- _HOW TO COMPLETE THIS TASK_: All lines in the records below that hold "IsOver" are to be shown.

(Saved data entries)
----

-- ===== src/TestClient/Program/Ends.antt =====
-- src/test-client.c, `main`: what is left behind, and what the exit status says.
use wlr_remote.Base.{
  ℕ, ◌≡◌, refl, ap, sym, ◌∙◌, arith, inl, inr, true, false, Option, none, some, Bool-cases,
  Option-cases, [], ◌∷◌, Bytes, set, ℤ, pos, is_neg,
}
use wlr_remote.System.Types.{AddrInfo, Session, Lookup, found, lookup_failed}
use wlr_remote.System.Event.{
  Trace, log, socket, freeaddrinfo, dtls_init, dtls_new_context, dtls_set_handler, dtls_connect,
  lookup, fgets, enter_password, connect_failed, handshaking,
}
use wlr_remote.Libc.Text as Text
use wlr_remote.Libc.Text.{strcspn}
use wlr_remote.System.Objects.{contexts, lists}
use wlr_remote.System.Descriptors.{live, mark}
use wlr_remote.Setup.{exit_failure}
use wlr_remote.TestClient.Types.{Vars, ClientEnv, client_buffer_size, server_ip, server_port_str}
use wlr_remote.TestClient.Callbacks.{dtls_proceeds}
use wlr_remote.TestClient.Callbacks.Calm.{writes, was_connected, resources}
use wlr_remote.TestClient.Program.{
  again, handshake, after_handshake, connect_server, create_context, open_client, after_lookup,
  after_password, main,
}
use wlr_remote.TestClient.Program.Open.{IsOpen, IsOpen-same, dtls_proceeds-IsOpen, handshake-IsOpen}
use wlr_remote.TestClient.Program.Over.{
  IsOver, EndsWell, cleanup-none, after_handshake-EndsWell, EndsWell-IsOver,
}

-- The trace behind the call of `getaddrinfo`.
abbrev answered : Lookup → Trace → Trace
answered answer t = lookup server_ip server_port_str answer ∷ t

module _ (env : ClientEnv) (n : ℕ) where
  -- Nothing is open, and nothing was connected or written.
  record IsNew (t : Trace) : Type 0 where
    none_open : live (pos n) t ≡ 0
    no_context : contexts t ≡ 0
    no_lists : lists t ≡ 0
    unconnected : was_connected env.base t ≡ false
    unwritten : writes t ≡ []

  IsNew-same :
      (t t' : Trace)
      → resources n t' ≡ resources n t
      → was_connected env.base t' ≡ was_connected env.base t
      → IsNew t
      → IsNew t'
  IsNew-same t t' same still h = record {
    none_open = ap (λ v. v.0) same ∙ h.none_open;
    no_context = ap (λ v. v.1) same ∙ h.no_context;
    no_lists = ap (λ v. v.3) same ∙ h.no_lists;
    unconnected = still ∙ h.unconnected;
    unwritten = ap (λ v. v.2) same ∙ h.unwritten;
  }

  IsOver-failure : (t : Trace) → IsNew t → IsOver env n exit_failure t
  IsOver-failure t h = record {
    closed = h.none_open;
    freed = h.no_context;
    lists_freed = h.no_lists;
    reported = ground (arith, h.unconnected);
    sent = inl h.unwritten;
  }

  module _ (fuel : ℕ) where
    connect_server-EndsWell :
        (fd : ℤ) (session : Session) (vars : Vars) (t : Trace)
        → IsOpen env n fd 0 vars t
        → EndsWell env n (connect_server env fuel fd session vars t)
    unfolding connect_server
    connect_server-EndsWell fd session vars t h =
        let t' = dtls_connect session ∷ t in
        let ((r, vars'), u) = dtls_proceeds env fd vars t' in
        let at_u =
          dtls_proceeds-IsOpen env n fd 0 vars t' (IsOpen-same env n fd 0 vars t t' refl refl h) in
        let (done, v) = handshake env fuel fd (again vars') (log handshaking ∷ u) in
        let begun = IsOpen-same env n fd 0 vars' u (log handshaking ∷ u) refl refl at_u in
        let failing = IsOpen-same env n fd 0 vars' u (log connect_failed ∷ u) refl refl at_u in
        elim (Bool-cases (is_neg r)) [
          | inl bad ↦
              rw (bad, connect_server)
                (cleanup-none env n fd vars' (log connect_failed ∷ u) failing)
          | inr good ↦ elim (Option-cases done) [
            | inl more ↦ rw (good, connect_server, more) (unfold after_handshake in tt)
            | inr (vars'', over) ↦
                rw (good, connect_server, over)
                  (after_handshake-EndsWell env n fd session vars'' v (
                    handshake-IsOpen env n fd 0 fuel (again vars') (log handshaking ∷ u) vars''
                      begun over))
          ]
        ]

    create_context-EndsWell :
        (fd : ℤ) (session : Session) (vars : Vars) (t : Trace)
        → live (pos n) t ≡ mark fd (pos n)
        → contexts t ≡ 0
        → lists t ≡ 0
        → writes t ≡ []
        → was_connected env.base t ≡ false
        → vars.is_connected ≡ false
        → EndsWell env n (create_context env fuel fd session vars t)
    unfolding create_context
    create_context-EndsWell fd session vars t live_one no_context no_lists unwritten unconnected
          fresh =
        let made = env.base.dtls_new_context (dtls_init ∷ t) in
        let u = dtls_new_context made ∷ dtls_init ∷ t in
        elim (Bool-cases made) [
          | inl yes' ↦
              rw (yes', create_context)
                (connect_server-EndsWell fd session vars
                  (dtls_set_handler ∷ dtls_new_context true ∷ dtls_init ∷ t)
                  (record {
                    socket_open = live_one;
                    context_open = omega arith;
                    current = fresh ∙ sym unconnected;
                    written = unwritten;
                    lists_freed = no_lists;
                  }))
          | inr no' ↦
              rw (no', create_context)
                (IsOver-failure _ (record {
                  none_open = omega arith;
                  no_context = omega arith;
                  no_lists = no_lists;
                  unconnected = unconnected;
                  unwritten = unwritten;
                }))
        ]

    open_client-EndsWell :
        (head : AddrInfo) (addrlen : ℕ) (vars : Vars) (t : Trace)
        → IsNew t
        → vars.is_connected ≡ false
        → EndsWell env n (open_client env fuel head addrlen vars (answered (found head addrlen) t))
    unfolding open_client
    open_client-EndsWell head addrlen vars t h fresh =
        let t' = answered (found head addrlen) t in
        let fd = env.base.socket t' head in
        let u = socket head.family head.socktype head.protocol fd ∷ t' in
        elim (Bool-cases (is_neg fd)) [
          | inl bad ↦
              rw (bad, open_client) (IsOver-failure _ (IsNew-same t _ (ground arith) refl h))
          | inr good ↦
              rw (good, open_client)
                (create_context-EndsWell fd (record { addr = head.addr; size = addrlen }) vars
                  (freeaddrinfo ∷ u) (ground (arith, h.none_open)) h.no_context
                  (omega (arith, h.no_lists)) h.unwritten h.unconnected fresh)
        ]

    after_lookup-EndsWell :
        (vars : Vars) (r : Lookup) (t : Trace)
        → IsNew t
        → vars.is_connected ≡ false
        → EndsWell env n (after_lookup env fuel vars r (answered r t))
    unfolding after_lookup
    after_lookup-EndsWell vars (lookup_failed code) t h fresh =
        IsOver-failure _ (IsNew-same t _ refl refl h)
    after_lookup-EndsWell vars (found head addrlen) t h fresh =
        open_client-EndsWell head addrlen vars t h fresh

    after_password-EndsWell :
        (key : Option Bytes) (t : Trace) → IsNew t → EndsWell env n (after_password env fuel key t)
    unfolding after_password
    after_password-EndsWell none t h = IsOver-failure t h
    after_password-EndsWell (some key) t h =
        let answer = env.lookup t in
        let len = strcspn b'\n' key in
        let vars : Vars = record {
          psk_key = set key len 0;
          psk_key_len = len;
          is_connected = false;
        } in
        after_lookup-EndsWell vars answer t h refl

    -- In a run of the client that returns, every descriptor that it opened is closed, the context
    -- and the list of addresses are freed; the status is that of success exactly if tinydtls
    -- reported the connection; and either no packet was written, or all fifty were and the status
    -- is that of success.
    pub main-IsOver :
        (status : ℕ) → (main env fuel []).0 ≡ some status → IsOver env n status (main env fuel []).1
    unfolding main
    main-IsOver status e =
        let t = fgets ∷ log enter_password ∷ [] in
        let key = Text.fgets (client_buffer_size env) (env.base.stdin (log enter_password ∷ [])) in
        let begin : IsNew t = record {
          none_open = refl;
          no_context = refl;
          no_lists = refl;
          unconnected = refl;
          unwritten = refl;
        } in
        EndsWell-IsOver env n (after_password env fuel key t) status
          (after_password-EndsWell key t begin) e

----

- _SOLUTION TO THE PROBLEM_:
  IsOver, EndsWell, cleanup-none, after_handshake-EndsWell, EndsWell-IsOver,
  IsOver-failure : (t : Trace) → IsNew t → IsOver env n exit_failure t
  IsOver-failure t h = record {
                (IsOver-failure _ (record {
              rw (bad, open_client) (IsOver-failure _ (IsNew-same t _ (ground arith) refl h))
        IsOver-failure _ (IsNew-same t _ refl refl h)
    after_password-EndsWell none t h = IsOver-failure t h
    pub main-IsOver :
        (status : ℕ) → (main env fuel []).0 ≡ some status → IsOver env n status (main env fuel []).1
    main-IsOver status e =
        EndsWell-IsOver env n (after_password env fuel key t) status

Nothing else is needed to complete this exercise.